[[ Supplied data open ]]

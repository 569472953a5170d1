-- ===== src/Hooks/Changes.antt =====
-- frontend/src/hooks: the mutations of useReports.ts, useItems.ts, useApproveReport.ts,
-- useRejectReport.ts, useMarkAsPaid.ts, useUploadAttachment.ts and useDeleteAttachment.ts, and how
-- long an answer counts as fresh. Matching of keys is the query client's.
pub mod Mutations
use expense_saas.Prelude.{
  ℕ, String, Option, none, some, Bool, false, List, ◌∷◌, ◌==◌, ◌||◌, ◌*◌, any, ◌&&◌, not,
}
use expense_saas.Hooks.{
  Query, pending_reports, payable_reports, processed_reports, dashboard, current_user, tenant,
  tenant_members, categories, QueryKey, query_key,
}
use expense_saas.Hooks.Changes.Mutations.{
  KeyFilter, Mutation, ApproveReportInput, CreateItemInput, CreateReportInput,
  DeleteAttachmentParams, DeleteItemInput, RejectReportInput, SubmitReportInput, UpdateItemInput,
  UpdateReportInput, UploadAttachmentParams, use_create_report, use_update_report,
  use_submit_report, use_delete_report, use_approve_report, use_reject_report, use_mark_as_paid,
  use_create_item, use_update_item, use_delete_item, use_upload_attachment, use_delete_attachment,
}

-- A mutation that has succeeded, with its input.
pub data Change : Type 0 where
  create_report : CreateReportInput → Change
  update_report : UpdateReportInput → Change
  submit_report : SubmitReportInput → Change
  delete_report : (report_id : String) → Change
  approve_report : ApproveReportInput → Change
  reject_report : RejectReportInput → Change
  mark_as_paid : SubmitReportInput → Change
  create_item : CreateItemInput → Change
  update_item : UpdateItemInput → Change
  delete_item : DeleteItemInput → Change
  upload_attachment : UploadAttachmentParams → Change
  delete_attachment : DeleteAttachmentParams → Change

-- The hook of a change.
unfoldable pub mutation : Change → Mutation
unfolding use_create_report use_update_report use_submit_report use_delete_report use_approve_report
    use_reject_report use_mark_as_paid use_create_item use_update_item use_delete_item
    use_upload_attachment use_delete_attachment
mutation (create_report input) = use_create_report input
mutation (update_report input) = use_update_report input
mutation (submit_report input) = use_submit_report input
mutation (delete_report input) = use_delete_report input
mutation (approve_report input) = use_approve_report input
mutation (reject_report input) = use_reject_report input
mutation (mark_as_paid input) = use_mark_as_paid input
mutation (create_item input) = use_create_item input
mutation (update_item input) = use_update_item input
mutation (delete_item input) = use_delete_item input
mutation (upload_attachment input) = use_upload_attachment input
mutation (delete_attachment input) = use_delete_attachment input

abbrev pub invalidated : Change → List KeyFilter
invalidated c = (mutation c).invalidates

-- `staleTime` in milliseconds; `none` is `Infinity`, and the client's default is 0.
unfoldable pub stale_time : Query → Option ℕ
stale_time (pending_reports _) = some (30 * 1000)
stale_time (payable_reports _) = some (30 * 1000)
stale_time (processed_reports _) = some (30 * 1000)
stale_time dashboard = some (60 * 1000)
stale_time current_user = some (5 * 60 * 1000)
stale_time tenant = some (5 * 60 * 1000)
stale_time tenant_members = some (60 * 1000)
stale_time categories = none
stale_time _ = some 0

abbrev is_at_once : Option ℕ → Bool
is_at_once none = false
is_at_once (some n) = n == 0

-- Whether a screen that uses the query asks the server after the change, however fresh the answer
-- it has: the key is invalidated, or the screen is opened only later and answers are never fresh. A
-- screen that is there while the change is made asks again for an invalidated key only.
unfoldable pub is_renewed :
    (matches : KeyFilter → QueryKey → Bool) → (is_mounted : Bool) → Change → Query → Bool
unfolding mutation stale_time query_key
is_renewed matches is_mounted c q =
    any (λ filter. matches filter (query_key q)) (invalidated c)
    || (not is_mounted && is_at_once (stale_time q))
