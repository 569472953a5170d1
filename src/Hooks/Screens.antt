-- ===== src/Hooks/Screens.antt =====
-- The screens that use the queries of frontend/src/hooks: the roles of the pages and of the buttons,
-- and the reports that the server selects (db/queries/expense_reports.sql).
use expense_saas.Prelude.{Bool, true, false, List, [], ◌∷◌, ◌&&◌, str_eq, ◌≡◌, String, some, any}
use expense_saas.Types.{
  Role, admin, approver, accounting, ReportStatus, draft, submitted, approved, rejected, paid,
}
use expense_saas.Hooks.{
  Query, my_reports, report, pending_reports, payable_reports, processed_reports, all_reports,
  dashboard, tenant, Part, QueryKey, attachments,
}
use expense_saas.Hooks.Changes.Mutations.{KeyFilter}
use expense_saas.Hooks.Changes.{
  Change, create_report, update_report, submit_report, delete_report, approve_report, reject_report,
  mark_as_paid, create_item, update_item, delete_item, upload_attachment, delete_attachment,
}

-- A key begins with the texts of a filter.
abbrev pub begins : KeyFilter → QueryKey → Bool
begins [] key = true
begins (s ∷ filter) (Part.text t ∷ key) = str_eq s t && begins filter key
begins (s ∷ filter) _ = false

-- The query client compares a filter of texts with the beginning of a key.
abbrev pub IsPrefixMatch : (KeyFilter → QueryKey → Bool) → Type 0
IsPrefixMatch matches =
    (filter : KeyFilter) (key : QueryKey) → matches filter key ≡ begins filter key

-- The changes that a role can make, and the queries whose screens it can open.
abbrev pub may : Role → Change → Bool
may approver (approve_report _) = true
may approver (reject_report _) = true
may accounting (mark_as_paid _) = true
may _ (approve_report _) = false
may _ (reject_report _) = false
may _ (mark_as_paid _) = false
may _ _ = true

abbrev pub opens : Role → Query → Bool
opens approver (pending_reports _) = true
opens approver (processed_reports _) = true
opens accounting (payable_reports _) = true
opens accounting (all_reports _) = true
opens admin (all_reports _) = true
opens admin tenant = true
opens _ (pending_reports _) = false
opens _ (processed_reports _) = false
opens _ (payable_reports _) = false
opens _ (all_reports _) = false
opens _ tenant = false
opens _ _ = true

-- The statuses of the report before and after a change of what the lists show; the lists do not show
-- the attachments.
abbrev pub statuses : Change → List ReportStatus
statuses (create_report _) = draft ∷ []
statuses (update_report _) = draft ∷ []
statuses (submit_report _) = draft ∷ submitted ∷ []
statuses (delete_report _) = draft ∷ []
statuses (approve_report _) = submitted ∷ approved ∷ []
statuses (reject_report _) = submitted ∷ rejected ∷ []
statuses (mark_as_paid _) = approved ∷ paid ∷ []
statuses (create_item _) = draft ∷ []
statuses (update_item _) = draft ∷ []
statuses (delete_item _) = draft ∷ []
statuses (upload_attachment _) = []
statuses (delete_attachment _) = []

-- The query selects reports in the status. The dashboard counts and lists them all.
abbrev pub selects : Query → ReportStatus → Bool
selects (pending_reports _) submitted = true
selects (pending_reports _) _ = false
selects (payable_reports _) approved = true
selects (payable_reports _) _ = false
selects (processed_reports _) approved = true
selects (processed_reports _) rejected = true
selects (processed_reports _) paid = true
selects (processed_reports _) _ = false
selects (my_reports _) _ = true
selects (all_reports _) _ = true
selects dashboard _ = true
selects _ _ = false

-- The change is one of the report, or of its items or their attachments, which are part of the
-- report's detail. A report that is created or deleted has no detail on the screen.
abbrev is_of_report : Change → String → Bool
is_of_report (create_report _) id = false
is_of_report (delete_report _) id = false
is_of_report (update_report i) id = str_eq i.id id
is_of_report (submit_report i) id = str_eq i.id id
is_of_report (approve_report i) id = str_eq i.id id
is_of_report (reject_report i) id = str_eq i.id id
is_of_report (mark_as_paid i) id = str_eq i.id id
is_of_report (create_item i) id = str_eq i.report_id id
is_of_report (update_item i) id = str_eq i.report_id id
is_of_report (delete_item i) id = str_eq i.report_id id
is_of_report (upload_attachment p) id = str_eq p.report_id id
is_of_report (delete_attachment p) id = str_eq p.report_id id

abbrev is_of_files : Change → (report_id item_id : String) → Bool
is_of_files (upload_attachment p) r i = str_eq p.report_id r && str_eq p.item_id i
is_of_files (delete_attachment p) r i = str_eq p.report_id r && str_eq p.item_id i
is_of_files _ r i = false

-- The change is one of what the query answers.
abbrev pub concerns : Change → Query → Bool
concerns c (report (some id)) = is_of_report c id
concerns c (attachments r i) = is_of_files c r i
concerns c q = any (selects q) (statuses c)

-- The changes of a report are made on ReportDetailPage and ReportEditPage, which use its detail, those
-- of the attachments in AttachmentArea, which uses their list; the other screens are opened later.
abbrev pub is_mounted : Query → Bool
is_mounted (report _) = true
is_mounted (attachments _ _) = true
is_mounted _ = false

-- The gaps: the dashboard after a change of the title, the period or the items, and the list of
-- processed reports after a decision.
abbrev pub is_edit : Change → Bool
is_edit (update_report _) = true
is_edit (create_item _) = true
is_edit (update_item _) = true
is_edit (delete_item _) = true
is_edit _ = false

abbrev pub is_decision : Change → Bool
is_decision (approve_report _) = true
is_decision (reject_report _) = true
is_decision _ = false

abbrev pub is_late : Change → Query → Bool
is_late c dashboard = is_edit c
is_late c (processed_reports _) = is_decision c
is_late c _ = false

[[ Supplied data closed ]]

» Assignment: In the listing above, locate the line containing "selects (pending_reports _) submitted = true" and the line containing "abbrev is_of_report : Change → String → Bool". Transcribe those two lines and everything between them, exactly as written.

» Your response:
selects (pending_reports _) submitted = true
selects (pending_reports _) _ = false
selects (payable_reports _) approved = true
selects (payable_reports _) _ = false
selects (processed_reports _) approved = true
selects (processed_reports _) rejected = true
selects (processed_reports _) paid = true
selects (processed_reports _) _ = false
selects (my_reports _) _ = true
selects (all_reports _) _ = true
selects dashboard _ = true
selects _ _ = false

-- The change is one of the report, or of its items or their attachments, which are part of the
-- report's detail. A report that is created or deleted has no detail on the screen.
abbrev is_of_report : Change → String → Bool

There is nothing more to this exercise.